息を切らしながら俺達は森の中を必死に駆ける。

まだだ。まだ、追ってくる。

もうどこまで走ってきたかもわからない。


追ってくる集団に火球をもう一発お見舞いしてやる。

すると炎の中を通り抜けて最後の抵抗と言わんばかりにレザーウルフが飛びついて来た。


体は勝手に反応していた。

そのまま長剣を大きく振り切る───


ついに最後の一匹が息絶えた。



「………………………………………………フゥ…」



思わずもれた一息。

それは二人の緊張をほぐし、戦いの終わりを意味した。



「………今回は…色々と驚いたわね。
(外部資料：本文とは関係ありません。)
-- ===== src/Ext4/Bitmaps/Tests.antt =====
-- The search at small bitmaps.
use fpga_emmc_card_reader.Base.{
  [], ◌∷◌, ◌≡◌, ◌≢◌, ◌⊎◌, refl, arith, false, none, some, length, Bytes,
}
use fpga_emmc_card_reader.Ext4.Bitmaps.{Place, is_free, mark, free_inode_bit, free_block_bit}
use fpga_emmc_card_reader.Ext4.Bitmaps.Search.{IsFirstFree, free_inode_bit-IsFirstFree}
use fpga_emmc_card_reader.Ext4.Bitmaps.Marking.{mark-is_free}

abbrev bitmap : Bytes
bitmap = 0xFF ∷ 0x3F ∷ 0x00 ∷ []

free_inode_bit-IsFirstFree_example : IsFirstFree bitmap 11 24 11 24 (free_inode_bit bitmap 11 24)
free_inode_bit-IsFirstFree_example = free_inode_bit-IsFirstFree bitmap 11 24

bit_14 : free_inode_bit bitmap 11 24 ≡ some (1, 6)
unfolding free_inode_bit
bit_14 = refl

full_group : free_block_bit bitmap 12 ≡ none
unfolding free_block_bit
full_group = refl

mark-is_free_example :
    (length (mark bitmap (1, 6)) ≡ length bitmap)
    × (is_free (mark bitmap (1, 6)) (1, 6) ≡ false)
    × ((q : Place) → (q.0 ≢ 1) ⊎ (q.1 ≢ 6) → is_free (mark bitmap (1, 6)) q ≡ is_free bitmap q)
mark-is_free_example = mark-is_free bitmap (1, 6) (omega arith)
」


「………」



俺はその場に座りながら苦笑するのみである。

その「色々」に俺のことも入っているのだから。



「まず、一つ目。何故このカラハ森林地帯にAランクモンスターが出現したか。

二つ目。何故あんたが魔法を使えたのか。

三つ目。魔法を使えたのならば何故今まで使わなかったのか。

まあ、三つ目はわかるのだけど…最初と二つ目はかなりの疑問に思うわね。」


「……」


「…答えてくれないのかしら?私これでもあんたは信頼できる相棒だと思っていたのだけど。」



俺はゆっくりと口を開いた



「…まあ、俺には魔法を教えてくれる師匠が居た。というだけの話だ。」


「答えたようで答えになってないけど…おかげで生き残れたのだし、その件は後日たっぷりと聴かせてもらうわよ?」


「……話せる時がきたら、な?」


「怪しいわね…まあいいけど。さて?どうやって帰るの?一応依頼は達成できてるからいいのだけど…」



…なんだその目線は。



「………?」


「………♪」


「………;」



ええい、そんな期待に満ちた目で俺を見つめるんじゃない!

そんなにチラチラ見るくらいなら直接言えよ!

何をお前は…



「誰かさんの魔法で、街の近くまでひとっ飛び出来ないかなー?」


「うるせぇ!」



ついに口に出しやがったか。



「何よー。魔法使いなら出来るでしょ?」



何でこういう時に限ってこいつはこんなにキラキラと目を輝かすことができるんだ…

そっちの方が疑問でたまらない。



「……ジャンケン!ポンッ!」(←パー


「……」(←チョキ


「………お嬢様、慈悲をください。」


「よろしくね♪」


「………ハイ。」



仕方ないので魔法を使うことにした。

移動系の魔法は便利な割に魔力消費が激しいのだ。

この世界で言う魔力って血液なわけで…

つまるところ貧血を起こす割合がかなり高い。


嫌だ。やりたくない。

……やるけど。



「……行くぞ。適当に捕まっとけ。」


「ハーイ♪」


「…何でそんなノリノリなんだ…」



とにかく詠唱を始める。

まあ、詠唱が長いので戦闘中や切羽詰まった時にはなかなか使えないのだけど。


で、リーナは俺にもたれかかっている。

…嬉しいけど。嬉しいんだけどぉ!


疲れたのならそうと言えよ…全く素直じゃない…



「……ありがと。」


「どーいたしまして。」



……うん、可愛い。

ではなく、これから転移するのだ。

集中しないと胴体が半分だけ転移してました、なんてことになったら洒落にならない。



「じゃ、行くぞ?」


「準備はいいわよ。と言っても貴方の詠唱待ちだったけどね。」


「ハイハイ…転移。」



次の瞬間、俺達の体は光の粒子となって消えた…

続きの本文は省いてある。